In this series, we discuss how to integrate Python Kafka producer and consumer apps In AWS Lambda with the Glue Schema Registry. In part 1, we discuss the infrastructure and Kafka apps in detail. In this post, these apps are deployed and their behaviour is discussed.
- Part 1 – Develop Kafka Producer and Consumer Apps
- Part 2 – Deploy Kafka Apps (this post)
Fake online order data is generated by multiple Lambda functions that are invoked by an EventBridge schedule rule. The schedule is set to run every minute and the associating rule has a configurable number (e.g. 5) of targets. Each target points to the same Kafka producer Lambda function. In this way we are able to generate test data using multiple Lambda functions according to the desired volume of messages. Note that, before sending a message, the producer validates the schema and registers a new one if it is not registered yet. Then it serializes the message and sends it to the cluster.
Once messages are sent to a Kafka topic, they can be consumed by Lambda where Amazon MSK is configured as an event source. The serialized record (message key or value) includes the schema ID so that the consumer can request the schema from the schema registry (if not cached) in order to deserialize it.
The infrastructure is built by Terraform and the AWS SAM CLI is used to develop the producer Lambda function locally before deploying to AWS.
Schema Evolution Demo
Before testing the Kafka applications, I’ll quickly demonstrate how the schema registry can be used for managing and validating schemas for topic message data. Each schema can have a compatibility mode (or disabled) and the scope of changes is restricted by it. For example, the default BACKWARD mode only allows you to delete fields or add optional fields. (See the Confluent document for a quick summary.) Therefore, if we add a mandatory field to an existing schema, it will be not validated, and it fails to send a message to the topic. In order to illustrate it, I created a single node Kafka cluster using docker-compose as shown below.
Recall that the producer lambda handler has a conditional block, and it is executed when it is called as a script. If we don’t specify the environment variable of USE_MORE, it sends a messages based on the
Order class. Otherwise, a message is created from the
OrderMore class, which has an additional boolean attribute called is_prime. As the compatibility mode is set to be BACKWARD, we can expect the second round of execution will not be successful. As shown below, I executed the lambda handler twice and the second round failed with the following error, which indicates schema validation failure.
aws_schema_registry.exception.SchemaRegistryException: Schema Found but status is FAILURE
We can see the details from the schema version and the second version is marked as failed.
Note that schema versioning and validation would be more relevant to the clients that tightly link the schema and message records. However, it would still be important for a Python client in order to work together with those clients or Kafka connect.

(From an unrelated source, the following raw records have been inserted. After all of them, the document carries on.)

-- ===== src/Drivers.antt =====
-- The drivers of the demo: example/drivers/buttonReader/src/buttonReader.c and
-- example/drivers/hwLockCtrl/src/hwLockCtrl.c.
pub mod Alternate
pub mod OnFake
use cpputest_for_freertos.Hlcs.{Driver, HwResult, Milliamps, passed, positive}
use cpputest_for_freertos.Button.{Effect, Reader, reader_init, reader_register, reader_read}
use cpputest_for_freertos.Base.{
  Bool, false, true, List, ℕ, Option, ◌∷◌, if◌then◌else◌, some, [], not, none, ◌||◌,
}

-- The static variables of the button reader.
pub record ButtonReader : Type 0 where
  pub isr_callback : Bool
  pub isr_context : ℕ
  pub toggle : Bool

abbrev pub reader_statics : ButtonReader
reader_statics = record { isr_callback = false; isr_context = 0; toggle = false }

unfoldable pub button_reader_init : ButtonReader → Bool × ButtonReader
button_reader_init r = (true, record r { isr_callback = false; isr_context = 0 })

-- The arguments say whether the pointers are not `NULL`.
unfoldable pub button_reader_read :
    (pressed released : Bool) → ButtonReader → Option (ℕ × ℕ) × ButtonReader
button_reader_read pressed released r =
    if not pressed || not released
    then (none, r)
    else (some (if r.toggle then (2, 0) else (0, 2)), record r { toggle = not r.toggle })

unfoldable pub button_reader_register_isr_callback :
    (callback : Bool) (context : ℕ) → ButtonReader → Bool × ButtonReader
button_reader_register_isr_callback callback context r =
    (true, record r { isr_callback = callback; isr_context = context })

abbrev pub hw_lock_ctrl_init : Bool
hw_lock_ctrl_init = true

abbrev pub hw_lock_ctrl_lock : Bool
hw_lock_ctrl_lock = true

abbrev pub hw_lock_ctrl_unlock : Bool
hw_lock_ctrl_unlock = true

-- The argument says whether the pointer is not `NULL`.
abbrev pub hw_lock_ctrl_self_test : Bool → Option HwResult
hw_lock_ctrl_self_test true = some passed
hw_lock_ctrl_self_test false = none

abbrev pub hw_lock_ctrl_read_current : Milliamps
hw_lock_ctrl_read_current = positive 50

-- The driver as the lock service calls it.
abbrev pub demo_driver : Driver
demo_driver = record {
  self_test = λ log. hw_lock_ctrl_self_test true;
  read_current = λ log. hw_lock_ctrl_read_current;
}

-- What a button service with this log has done to the button reader.
abbrev pub happened : Effect → ButtonReader → ButtonReader
happened reader_init r = (button_reader_init r).1
happened reader_register r = (button_reader_register_isr_callback true 0 r).1
happened reader_read r = (button_reader_read true true r).1
happened _ r = r

unfoldable pub replayed : List Effect → ButtonReader
unfolding button_reader_init button_reader_read button_reader_register_isr_callback
replayed [] = reader_statics
replayed (e ∷ log) = happened e (replayed log)

-- The button reader as the button service calls it.
abbrev pub demo_reader : Reader
demo_reader = record { read = λ log. (button_reader_read true true (replayed log)).0 }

We plan to create the orders topic with multiple partitions. Although we can use the Kafka CLI tool, it can be performed easily using Kpow. It is a Kafka monitoring and management tool, which provides a web UI. Also, it supports the Glue Schema Registry and MSK Connect out-of-box, which is quite convenient. In the docker-compose file, we added environment variables for the MSK cluster, MSK Connect and Glue Schema Registry details. Note it fails to start if the schema registry does not exist. I created the registry while I demonstrated schema evolution, or it can be created simply as shown below.
$ aws glue create-registry --registry-name customer
Once started, we can visit the UI on port 3000. The topic is created in the Topic menu by specifying the topic name and the number of partitions.
Once created, we can check details of the topic by selecting the topic from the drop-down menu.
Local Testing with SAM
To simplify development, the EventBridge permission is disabled by setting to_enable_trigger to false. Also, it is shortened to loop before it gets stopped by reducing max_run_sec to 10.
The Lambda function can be built with the SAM build command while specifying the hook name as terraform and enabling beta features. Once completed, it stores the build artifacts and template in the
We can invoke the Lambda function locally using the SAM local invoke command. The Lambda function is invoked in a Docker container and the invocation logs are printed in the terminal as shown below. Note that we should be connected to the VPN server in order to send messages into the MSK cluster, which is deployed in private subnets.
Once completed, we can check the value schema (orders-value) is created in the Kpow UI as shown below.
We can check the messages. In order to check them correctly, we need to select AVRO as the value deserializer and glue1 as the schema registry.
Kafka App Deployment
Now we can deploy the Kafka applications using Terraform as usual after resetting the configuration variables. Once deployed, we can see that the scheduler rule has 5 targets of the same Lambda function.
We can see the Lambda consumer parses the consumer records correctly in CloudWatch logs.
Schema registry provides a centralized repository for managing and validating schemas for topic message data. In AWS, the Glue Schema Registry supports features to manage and enforce schemas on data streaming applications using convenient integrations with a range of AWS services. In this series, we discuss how to integrate Python Kafka producer and consumer apps in AWS Lambda with the Glue Schema Registry. In this post, the Kafka apps are deployed and their behaviour is discussed.